Nature of Roots in terms of Graph (Position of Parabola with respect to x-axis)
1. Standard Form of a Quadratic Equation
The general quadratic equation is given by:
\( y = ax^2 + bx + c \), where \( a \ne 0 \)
The graph of this equation is a parabola.
- If \( a > 0 \), the parabola opens upward.
- If \( a < 0 \), the parabola opens downward.
2. Discriminant and Graphical Meaning
The nature of the roots of the quadratic equation \( ax^2 + bx + c = 0 \) depends on the value of the discriminant \( D = b^2 – 4ac \):
| Value of \( D \) | Nature of Roots | Graphical Representation |
|---|---|---|
| \( D > 0 \) | Two distinct real roots | Parabola cuts the x-axis at two distinct points. |
| \( D = 0 \) | Two equal real roots | Parabola touches the x-axis (vertex on the x-axis). |
| \( D < 0 \) | No real roots (complex roots) | Parabola does not intersect the x-axis. |
3. Vertex of the Parabola
The vertex of the parabola \( y = ax^2 + bx + c \) is given by:
\( \left( \dfrac{-b}{2a}, \dfrac{-D}{4a} \right) \)

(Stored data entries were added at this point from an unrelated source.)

-- ===== src/Regexp/Absent.antt =====
-- Texts in which an expression has no match: they are left as they are.
use go_project.Base.{
  ℕ, zero, ◌+◌, ◌<◌, ◌≡◌, refl, List, [], ◌∷◌, ◌++◌, Option, none, some, true, false, ◌==◌,
  if◌then◌else◌, Bool-cases, inl, inr, arith, All,
}
use go_project.Regexp.{
  Class, exact, in_class, Re, one, seq, Groups, Next, run_one, run, match_at, stop, find_from,
  find_submatch, replace_from, replace_matches,
}
use go_project.Regexp.Refuted.{needed, Scarce, Refuted, run-Refuted}

module _ (re : Re) (Q : List ℕ → Type 0) (behind : (c : ℕ) (s : List ℕ) → Q (c ∷ s) → Q s)
    (absent : (prev : Option ℕ) (s : List ℕ) → Q s → match_at re prev s ≡ none) where
  replace_from_absent :
      (f : List ℕ → Groups → List ℕ) (prev : Option ℕ) (s : List ℕ)
      → Q s
      → replace_from re f prev zero s ≡ s
  unfolding replace_from
  replace_from_absent f prev [] q = refl
  replace_from_absent f prev (c ∷ s) q =
      rw (absent prev (c ∷ s) q, replace_from, replace_from_absent f (some c) s (behind c s q)) refl

  pub replace_matches_absent :
      (f : List ℕ → Groups → List ℕ) (s : List ℕ) → Q s → replace_matches re f s ≡ s
  unfolding replace_matches
  replace_matches_absent f s q = replace_from_absent f none s q

  find_from_absent : (prev : Option ℕ) (s : List ℕ) → Q s → find_from re prev s ≡ none
  unfolding find_from
  find_from_absent prev [] q = rw (absent prev [] q, find_from) refl
  find_from_absent prev (c ∷ s) q =
      rw (absent prev (c ∷ s) q, find_from, find_from_absent (some c) s (behind c s q)) refl

  pub find_submatch_absent : (s : List ℕ) → Q s → find_submatch re s ≡ none
  unfolding find_submatch
  find_submatch_absent s q = find_from_absent none s q

-- How many code points of a class there are.
abbrev pub count : Class → List ℕ → ℕ
count cl [] = 0
count cl (c ∷ s) = (if in_class cl c then 1 else 0) + count cl s

abbrev pub IsShort : Class → ℕ → List ℕ → Type 0
IsShort cl m s = count cl s < m

pub IsShort-Scarce : (cl : Class) → Scarce cl (IsShort cl)
IsShort-Scarce cl = record {
  fewer = λ n m s h. omega (arith, h);
  behind = λ m c s h. omega (arith, h);
  taken = λ m c s e h. ground (arith, e, h);
}

IsShort-match_at :
    (cl : Class) (re : Re) (prev : Option ℕ) (s : List ℕ)
    → IsShort cl (needed cl re + 0) s
    → match_at re prev s ≡ none
unfolding match_at
IsShort-match_at cl re prev s h =
    run-Refuted cl (IsShort cl) (IsShort-Scarce cl) re 0 stop (λ q t g k. absurd (omega (arith, k)))
      prev s [] h

pub IsShort-replace_matches :
    (cl : Class) (re : Re) (f : List ℕ → Groups → List ℕ) (s : List ℕ)
    → IsShort cl (needed cl re + 0) s
    → replace_matches re f s ≡ s
IsShort-replace_matches cl re f s h =
    replace_matches_absent re (IsShort cl (needed cl re + 0)) (λ c t k. omega (arith, k))
      (IsShort-match_at cl re) f s h

pub IsShort-find_submatch :
    (cl : Class) (re : Re) (s : List ℕ)
    → IsShort cl (needed cl re + 0) s
    → find_submatch re s ≡ none
IsShort-find_submatch cl re s h =
    find_submatch_absent re (IsShort cl (needed cl re + 0)) (λ c t k. omega (arith, k))
      (IsShort-match_at cl re) s h

-- Behind every `d` there is no `e`.
abbrev pub Lacks : ℕ → ℕ → List ℕ → Type 0
Lacks d e [] = Unit
Lacks d e (c ∷ s) = ((c == d) ≡ true → IsShort (exact e) 1 s) × Lacks d e s

pub Lacks-append :
    (d e : ℕ) (a b : List ℕ)
    → All (λ (c : ℕ). (c == d) ≡ false) a
    → Lacks d e b
    → Lacks d e (a ++ b)
Lacks-append d e [] b h l = l
Lacks-append d e (c ∷ a) b (n, h) l = (λ y. ground (arith, n, y), Lacks-append d e a b h l)

Lacks-Scarce : (d e : ℕ) → Scarce (exact e) (λ m s. Lacks d e s)
Lacks-Scarce d e = record {
  fewer = λ n m s l. l;
  behind = λ m c s (x, l). l;
  taken = λ m c s y (x, l). l;
}

then_lacking :
    (d e : ℕ) (rest : Re) (next : Next)
    → needed (exact e) rest ≡ 1
    → Refuted (λ m s. Lacks d e s) 0 (λ prev s g. run (seq (one (exact d)) rest) prev s g next)
unfolding run
then_lacking d e rest next n prev [] g l = refl
then_lacking d e rest next n prev (c ∷ s) g (x, l) = elim (Bool-cases (c == d)) [
  | inr y ↦ rw (y, run_one) refl
  | inl y ↦
      rw (y, run_one)
        (run-Refuted (exact e) (IsShort (exact e)) (IsShort-Scarce (exact e)) rest 0 next
          (λ q t k h. absurd (omega (arith, h))) (some c) s g (let h = x y in omega (arith, h, n)))
]

-- Three expressions, a `d`, and one that needs an `e`.
pub Lacks-replace_matches :
    (d e : ℕ) (r1 r2 r3 rest : Re) (f : List ℕ → Groups → List ℕ) (s : List ℕ)
    → needed (exact e) rest ≡ 1
    → Lacks d e s
    → replace_matches (seq r1 (seq r2 (seq r3 (seq (one (exact d)) rest)))) f s ≡ s
unfolding match_at run
Lacks-replace_matches d e r1 r2 r3 rest f s n l =
    let re = seq r1 (seq r2 (seq r3 (seq (one (exact d)) rest))) in
    let by = λ (r : Re) (next : Next) (h : Refuted (λ m s. Lacks d e s) 0 next).
      run-Refuted (exact e) (λ m s. Lacks d e s) (Lacks-Scarce d e) r 0 next h in
    replace_matches_absent re (Lacks d e) (λ c t (x, k). k)
      (λ prev t k.
        by r1
          (λ p u g.
            run r2 p u g
              (λ p u g. run r3 p u g (λ p u g. run (seq (one (exact d)) rest) p u g stop)))
          (by r2 (λ p u g. run r3 p u g (λ p u g. run (seq (one (exact d)) rest) p u g stop))
            (by r3 (λ p u g. run (seq (one (exact d)) rest) p u g stop)
              (then_lacking d e rest stop n)))
          prev t [] k)
      f s l

pub IsShort-Lacks : (d e : ℕ) (s : List ℕ) → IsShort (exact e) 1 s → Lacks d e s
IsShort-Lacks d e [] h = tt
IsShort-Lacks d e (c ∷ s) h = (λ y. omega (arith, h), IsShort-Lacks d e s (omega (arith, h)))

This shows how the discriminant \( D \) affects the vertical position of the vertex relative to the x-axis.
Example
Determine the nature of roots and sketch position of the parabola for \( y = x^2 – 5x + 6 \).
▶️ Answer / Explanation
Step 1: \( a = 1, b = -5, c = 6 \)
Step 2: \( D = b^2 – 4ac = (-5)^2 – 4(1)(6) = 25 – 24 = 1 \)
Step 3: Since \( D > 0 \), two distinct real roots exist.
Step 4: Roots are \( x = 2 \) and \( x = 3 \)
Step 5: Parabola opens upward (since \( a > 0 \)) and cuts the x-axis at two points \( x=2, 3 \).
Example
For the quadratic \( y = 2x^2 + 4x + 2 \), determine the nature of the roots and describe its graph.
▶️ Answer / Explanation
Step 1: \( a = 2, b = 4, c = 2 \)
Step 2: \( D = b^2 – 4ac = 16 – 16 = 0 \)
Step 3: Since \( D = 0 \), roots are real and equal.
Step 4: The vertex lies on the x-axis at \( x = -\dfrac{b}{2a} = -1 \)
Step 5: The parabola touches the x-axis at \( x = -1 \).
Example
Examine the position of the parabola for \( y = 3x^2 + 2x + 5 \) with respect to the x-axis.
▶️ Answer / Explanation
Step 1: \( a = 3, b = 2, c = 5 \)
Step 2: \( D = b^2 – 4ac = 4 – 60 = -56 \lt 0 \)
Step 3: Since \( D < 0 \), there are no real roots.
Step 4: The parabola opens upward (as \( a > 0 \)) and lies entirely above the x-axis.
Step 5: Its vertex is at \( \left( -\dfrac{b}{2a}, \dfrac{-D}{4a} \right) = \left( -\dfrac{1}{3}, \dfrac{56}{12} \right) \)
Conclusion: The parabola does not intersect the x-axis; roots are complex.